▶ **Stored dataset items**
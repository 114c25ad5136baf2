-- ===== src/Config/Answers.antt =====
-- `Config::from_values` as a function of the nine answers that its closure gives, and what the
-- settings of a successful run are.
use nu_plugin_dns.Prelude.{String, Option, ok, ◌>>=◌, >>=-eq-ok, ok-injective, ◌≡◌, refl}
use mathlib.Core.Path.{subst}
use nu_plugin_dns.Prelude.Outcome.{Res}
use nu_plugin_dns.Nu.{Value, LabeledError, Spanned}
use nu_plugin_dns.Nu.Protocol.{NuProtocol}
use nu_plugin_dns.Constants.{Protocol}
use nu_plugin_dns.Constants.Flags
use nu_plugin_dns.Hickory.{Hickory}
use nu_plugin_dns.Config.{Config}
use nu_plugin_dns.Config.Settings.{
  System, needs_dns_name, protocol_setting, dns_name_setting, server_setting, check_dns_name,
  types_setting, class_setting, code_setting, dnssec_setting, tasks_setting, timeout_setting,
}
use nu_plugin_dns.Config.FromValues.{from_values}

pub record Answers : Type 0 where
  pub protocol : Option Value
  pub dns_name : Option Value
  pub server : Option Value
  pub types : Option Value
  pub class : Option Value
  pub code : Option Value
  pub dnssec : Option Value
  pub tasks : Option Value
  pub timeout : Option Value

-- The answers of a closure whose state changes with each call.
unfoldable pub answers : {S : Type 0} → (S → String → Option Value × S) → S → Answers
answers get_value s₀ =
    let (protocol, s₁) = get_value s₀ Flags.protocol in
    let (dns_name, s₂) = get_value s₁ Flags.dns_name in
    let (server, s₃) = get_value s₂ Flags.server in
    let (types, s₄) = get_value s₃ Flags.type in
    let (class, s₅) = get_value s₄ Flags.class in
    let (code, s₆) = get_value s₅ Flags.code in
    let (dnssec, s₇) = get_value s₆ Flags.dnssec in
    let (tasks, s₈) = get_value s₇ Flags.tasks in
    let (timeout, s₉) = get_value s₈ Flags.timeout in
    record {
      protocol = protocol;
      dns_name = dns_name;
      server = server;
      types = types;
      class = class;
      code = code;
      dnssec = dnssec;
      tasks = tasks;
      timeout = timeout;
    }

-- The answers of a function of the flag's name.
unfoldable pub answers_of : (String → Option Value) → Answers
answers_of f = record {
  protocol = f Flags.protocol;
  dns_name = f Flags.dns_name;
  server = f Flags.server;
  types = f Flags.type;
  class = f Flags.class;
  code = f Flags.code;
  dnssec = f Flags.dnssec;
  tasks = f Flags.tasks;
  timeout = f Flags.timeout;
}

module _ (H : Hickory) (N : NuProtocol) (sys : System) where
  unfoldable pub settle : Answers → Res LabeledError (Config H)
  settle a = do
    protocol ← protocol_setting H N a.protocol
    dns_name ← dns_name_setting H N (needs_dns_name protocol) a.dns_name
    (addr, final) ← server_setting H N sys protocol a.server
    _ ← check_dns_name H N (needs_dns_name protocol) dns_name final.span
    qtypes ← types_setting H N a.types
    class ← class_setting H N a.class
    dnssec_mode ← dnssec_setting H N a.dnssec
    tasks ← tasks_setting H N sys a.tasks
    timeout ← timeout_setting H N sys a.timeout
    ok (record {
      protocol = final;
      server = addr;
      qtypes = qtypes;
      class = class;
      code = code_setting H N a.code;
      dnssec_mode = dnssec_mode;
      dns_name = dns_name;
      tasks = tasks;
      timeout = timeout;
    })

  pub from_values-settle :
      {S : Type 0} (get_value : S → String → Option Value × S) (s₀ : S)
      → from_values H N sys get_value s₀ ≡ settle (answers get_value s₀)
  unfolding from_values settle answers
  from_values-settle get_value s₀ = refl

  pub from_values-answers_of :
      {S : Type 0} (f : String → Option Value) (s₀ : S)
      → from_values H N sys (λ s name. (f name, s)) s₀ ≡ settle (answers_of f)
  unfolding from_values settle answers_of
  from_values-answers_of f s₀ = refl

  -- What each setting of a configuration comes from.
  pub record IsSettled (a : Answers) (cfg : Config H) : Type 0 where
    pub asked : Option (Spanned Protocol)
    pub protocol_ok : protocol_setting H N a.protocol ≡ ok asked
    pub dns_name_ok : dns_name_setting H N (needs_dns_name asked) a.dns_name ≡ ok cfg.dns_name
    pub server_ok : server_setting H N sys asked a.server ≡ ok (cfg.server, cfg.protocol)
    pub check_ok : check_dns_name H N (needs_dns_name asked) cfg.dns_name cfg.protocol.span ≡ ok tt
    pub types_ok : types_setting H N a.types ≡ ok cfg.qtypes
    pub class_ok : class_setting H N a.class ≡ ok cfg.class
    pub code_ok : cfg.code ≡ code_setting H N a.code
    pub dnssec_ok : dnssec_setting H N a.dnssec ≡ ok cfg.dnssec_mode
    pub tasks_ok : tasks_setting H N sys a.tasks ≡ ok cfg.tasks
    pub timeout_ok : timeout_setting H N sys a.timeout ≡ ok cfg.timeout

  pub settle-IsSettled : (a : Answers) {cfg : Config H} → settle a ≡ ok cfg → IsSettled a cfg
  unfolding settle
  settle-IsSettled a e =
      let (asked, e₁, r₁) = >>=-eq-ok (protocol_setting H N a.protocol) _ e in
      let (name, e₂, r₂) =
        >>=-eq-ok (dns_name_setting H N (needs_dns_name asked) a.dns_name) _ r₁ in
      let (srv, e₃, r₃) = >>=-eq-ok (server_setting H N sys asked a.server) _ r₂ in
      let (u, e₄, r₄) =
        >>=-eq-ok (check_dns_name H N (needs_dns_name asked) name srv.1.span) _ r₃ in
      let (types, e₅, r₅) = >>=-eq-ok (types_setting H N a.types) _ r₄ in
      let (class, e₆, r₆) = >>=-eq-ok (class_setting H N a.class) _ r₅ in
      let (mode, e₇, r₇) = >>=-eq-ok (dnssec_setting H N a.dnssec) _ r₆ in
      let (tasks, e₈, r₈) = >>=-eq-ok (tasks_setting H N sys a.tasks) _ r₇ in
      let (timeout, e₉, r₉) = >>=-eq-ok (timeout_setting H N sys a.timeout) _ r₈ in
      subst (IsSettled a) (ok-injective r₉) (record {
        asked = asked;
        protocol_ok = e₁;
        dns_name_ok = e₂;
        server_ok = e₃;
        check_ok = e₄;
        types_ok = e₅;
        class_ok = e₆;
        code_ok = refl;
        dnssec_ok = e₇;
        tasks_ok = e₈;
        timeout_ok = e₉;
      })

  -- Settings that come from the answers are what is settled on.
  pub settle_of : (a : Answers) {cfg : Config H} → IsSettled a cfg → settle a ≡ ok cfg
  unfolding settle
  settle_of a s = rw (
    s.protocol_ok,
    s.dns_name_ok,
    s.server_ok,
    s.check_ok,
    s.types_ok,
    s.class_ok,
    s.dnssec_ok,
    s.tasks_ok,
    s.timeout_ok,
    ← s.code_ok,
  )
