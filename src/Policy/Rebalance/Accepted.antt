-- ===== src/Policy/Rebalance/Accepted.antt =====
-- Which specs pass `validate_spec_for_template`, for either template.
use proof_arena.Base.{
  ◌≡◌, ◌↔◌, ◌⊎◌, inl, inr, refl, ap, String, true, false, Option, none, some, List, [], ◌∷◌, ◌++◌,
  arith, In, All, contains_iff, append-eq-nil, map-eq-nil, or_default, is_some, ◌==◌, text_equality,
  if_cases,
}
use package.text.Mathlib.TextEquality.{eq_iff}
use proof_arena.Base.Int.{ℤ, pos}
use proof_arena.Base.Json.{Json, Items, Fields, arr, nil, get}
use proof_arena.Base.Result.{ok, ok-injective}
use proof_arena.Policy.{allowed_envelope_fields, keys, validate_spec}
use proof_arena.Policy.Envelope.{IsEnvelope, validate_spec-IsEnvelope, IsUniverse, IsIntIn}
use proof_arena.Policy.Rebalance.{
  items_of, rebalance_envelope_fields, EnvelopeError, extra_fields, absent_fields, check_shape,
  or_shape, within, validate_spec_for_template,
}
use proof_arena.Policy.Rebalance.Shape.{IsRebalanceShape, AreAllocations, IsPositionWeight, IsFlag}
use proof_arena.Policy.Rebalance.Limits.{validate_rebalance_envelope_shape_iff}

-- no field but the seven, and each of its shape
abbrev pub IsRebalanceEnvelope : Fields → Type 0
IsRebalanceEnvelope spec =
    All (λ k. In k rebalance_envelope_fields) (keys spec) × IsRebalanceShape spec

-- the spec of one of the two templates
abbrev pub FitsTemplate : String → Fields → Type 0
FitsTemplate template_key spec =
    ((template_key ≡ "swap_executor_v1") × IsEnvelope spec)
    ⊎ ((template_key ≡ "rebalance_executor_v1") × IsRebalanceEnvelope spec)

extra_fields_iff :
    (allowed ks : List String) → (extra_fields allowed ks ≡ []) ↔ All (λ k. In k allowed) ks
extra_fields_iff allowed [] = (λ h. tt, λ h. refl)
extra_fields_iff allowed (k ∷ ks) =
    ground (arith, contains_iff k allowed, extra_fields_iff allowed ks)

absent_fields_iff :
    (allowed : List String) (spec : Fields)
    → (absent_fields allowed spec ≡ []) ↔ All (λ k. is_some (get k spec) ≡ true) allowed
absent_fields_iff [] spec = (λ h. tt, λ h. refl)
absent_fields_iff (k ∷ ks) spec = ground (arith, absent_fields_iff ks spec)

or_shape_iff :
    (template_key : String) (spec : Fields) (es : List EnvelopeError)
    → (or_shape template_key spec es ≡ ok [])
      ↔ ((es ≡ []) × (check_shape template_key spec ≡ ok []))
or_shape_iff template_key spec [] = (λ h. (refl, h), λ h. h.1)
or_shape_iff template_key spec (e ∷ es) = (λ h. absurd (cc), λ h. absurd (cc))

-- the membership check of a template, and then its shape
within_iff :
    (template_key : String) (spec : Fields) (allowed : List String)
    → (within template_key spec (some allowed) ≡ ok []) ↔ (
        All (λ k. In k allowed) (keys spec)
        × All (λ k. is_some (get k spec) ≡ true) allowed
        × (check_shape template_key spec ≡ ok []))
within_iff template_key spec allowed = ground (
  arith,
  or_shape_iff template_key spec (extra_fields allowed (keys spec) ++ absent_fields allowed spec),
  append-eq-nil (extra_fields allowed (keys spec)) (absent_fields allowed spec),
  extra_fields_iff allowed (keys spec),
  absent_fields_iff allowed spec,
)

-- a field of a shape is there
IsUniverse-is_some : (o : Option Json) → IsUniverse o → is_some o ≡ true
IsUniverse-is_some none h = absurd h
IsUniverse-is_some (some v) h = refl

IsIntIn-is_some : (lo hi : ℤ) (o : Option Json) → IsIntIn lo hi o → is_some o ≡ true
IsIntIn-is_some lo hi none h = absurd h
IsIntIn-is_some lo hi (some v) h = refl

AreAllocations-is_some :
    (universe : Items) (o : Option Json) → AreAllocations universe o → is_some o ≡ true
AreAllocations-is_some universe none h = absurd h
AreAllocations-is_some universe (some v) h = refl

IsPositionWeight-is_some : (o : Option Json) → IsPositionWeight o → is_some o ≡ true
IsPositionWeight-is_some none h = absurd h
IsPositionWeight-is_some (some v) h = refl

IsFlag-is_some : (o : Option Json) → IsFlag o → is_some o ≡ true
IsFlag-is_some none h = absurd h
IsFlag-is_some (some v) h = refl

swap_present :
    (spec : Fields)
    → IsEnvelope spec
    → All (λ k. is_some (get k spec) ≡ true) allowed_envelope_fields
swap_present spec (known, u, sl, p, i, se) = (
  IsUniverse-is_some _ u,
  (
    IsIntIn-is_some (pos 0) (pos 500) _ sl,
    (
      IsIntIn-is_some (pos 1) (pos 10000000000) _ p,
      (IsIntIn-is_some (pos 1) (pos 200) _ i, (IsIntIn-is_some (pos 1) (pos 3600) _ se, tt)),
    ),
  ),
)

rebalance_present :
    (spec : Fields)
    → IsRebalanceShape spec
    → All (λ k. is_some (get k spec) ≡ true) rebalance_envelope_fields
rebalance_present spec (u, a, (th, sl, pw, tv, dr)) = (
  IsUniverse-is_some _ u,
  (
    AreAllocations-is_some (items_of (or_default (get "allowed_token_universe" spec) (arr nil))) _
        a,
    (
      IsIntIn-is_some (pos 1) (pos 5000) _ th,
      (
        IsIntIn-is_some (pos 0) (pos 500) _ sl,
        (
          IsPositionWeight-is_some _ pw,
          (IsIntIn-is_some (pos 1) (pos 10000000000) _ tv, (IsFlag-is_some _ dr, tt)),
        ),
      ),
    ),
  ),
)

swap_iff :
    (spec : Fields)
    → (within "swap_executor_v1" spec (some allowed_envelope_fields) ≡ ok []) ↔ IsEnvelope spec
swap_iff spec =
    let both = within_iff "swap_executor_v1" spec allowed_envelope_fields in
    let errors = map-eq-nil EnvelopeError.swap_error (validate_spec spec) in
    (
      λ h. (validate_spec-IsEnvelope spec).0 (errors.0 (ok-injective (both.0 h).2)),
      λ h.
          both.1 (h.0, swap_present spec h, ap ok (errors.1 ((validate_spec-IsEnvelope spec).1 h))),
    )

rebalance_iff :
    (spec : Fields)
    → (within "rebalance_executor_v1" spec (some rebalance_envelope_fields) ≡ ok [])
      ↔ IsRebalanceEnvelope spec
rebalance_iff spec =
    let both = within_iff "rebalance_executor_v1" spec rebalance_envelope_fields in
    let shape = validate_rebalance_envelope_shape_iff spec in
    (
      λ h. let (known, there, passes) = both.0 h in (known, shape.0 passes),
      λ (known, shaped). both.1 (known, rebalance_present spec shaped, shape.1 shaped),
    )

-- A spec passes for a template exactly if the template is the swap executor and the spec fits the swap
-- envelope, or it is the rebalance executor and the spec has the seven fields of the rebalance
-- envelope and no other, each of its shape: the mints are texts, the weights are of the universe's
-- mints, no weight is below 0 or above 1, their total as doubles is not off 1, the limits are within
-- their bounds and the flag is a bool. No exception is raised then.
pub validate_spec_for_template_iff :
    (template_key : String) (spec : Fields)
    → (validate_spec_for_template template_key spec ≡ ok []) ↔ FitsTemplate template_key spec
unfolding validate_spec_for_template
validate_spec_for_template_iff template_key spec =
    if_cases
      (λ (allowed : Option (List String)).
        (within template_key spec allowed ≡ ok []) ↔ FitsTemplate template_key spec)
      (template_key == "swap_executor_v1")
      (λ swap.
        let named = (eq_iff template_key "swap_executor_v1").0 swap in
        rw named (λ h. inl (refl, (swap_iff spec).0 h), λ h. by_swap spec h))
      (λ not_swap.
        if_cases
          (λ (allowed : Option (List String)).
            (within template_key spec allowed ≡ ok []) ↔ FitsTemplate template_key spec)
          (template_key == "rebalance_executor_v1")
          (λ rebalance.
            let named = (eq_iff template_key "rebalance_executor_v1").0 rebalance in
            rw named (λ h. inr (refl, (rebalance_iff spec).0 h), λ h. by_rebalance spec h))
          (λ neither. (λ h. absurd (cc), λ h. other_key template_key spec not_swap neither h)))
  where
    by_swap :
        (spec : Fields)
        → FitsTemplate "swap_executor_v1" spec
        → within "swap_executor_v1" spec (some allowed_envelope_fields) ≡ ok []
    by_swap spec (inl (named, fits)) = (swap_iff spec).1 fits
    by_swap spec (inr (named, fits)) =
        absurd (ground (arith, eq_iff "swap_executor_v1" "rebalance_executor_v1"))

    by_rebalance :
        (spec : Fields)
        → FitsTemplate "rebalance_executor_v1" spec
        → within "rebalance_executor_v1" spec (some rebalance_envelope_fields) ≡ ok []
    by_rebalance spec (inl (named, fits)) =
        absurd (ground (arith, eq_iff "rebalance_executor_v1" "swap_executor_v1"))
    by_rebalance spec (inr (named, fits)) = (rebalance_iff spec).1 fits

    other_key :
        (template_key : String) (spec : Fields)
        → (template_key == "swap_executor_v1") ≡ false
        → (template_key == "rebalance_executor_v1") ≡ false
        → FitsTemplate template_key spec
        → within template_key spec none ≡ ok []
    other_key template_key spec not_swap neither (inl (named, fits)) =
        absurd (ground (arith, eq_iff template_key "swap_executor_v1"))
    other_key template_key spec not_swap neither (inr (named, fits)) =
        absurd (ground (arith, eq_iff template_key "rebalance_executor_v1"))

▶ **EXERCISE PROMPT**
Will you return exactly the lines above from the one with "let (timeout, e₉, r₉)" down to the one with "code_ok = refl;", counting both as part of the range?

▶ **WRITTEN SOLUTION**
      let (timeout, e₉, r₉) = >>=-eq-ok (timeout_setting H N sys a.timeout) _ r₈ in
      subst (IsSettled a) (ok-injective r₉) (record {
        asked = asked;
        protocol_ok = e₁;
        dns_name_ok = e₂;
        server_ok = e₃;
        check_ok = e₄;
        types_ok = e₅;
        class_ok = e₆;
        code_ok = refl;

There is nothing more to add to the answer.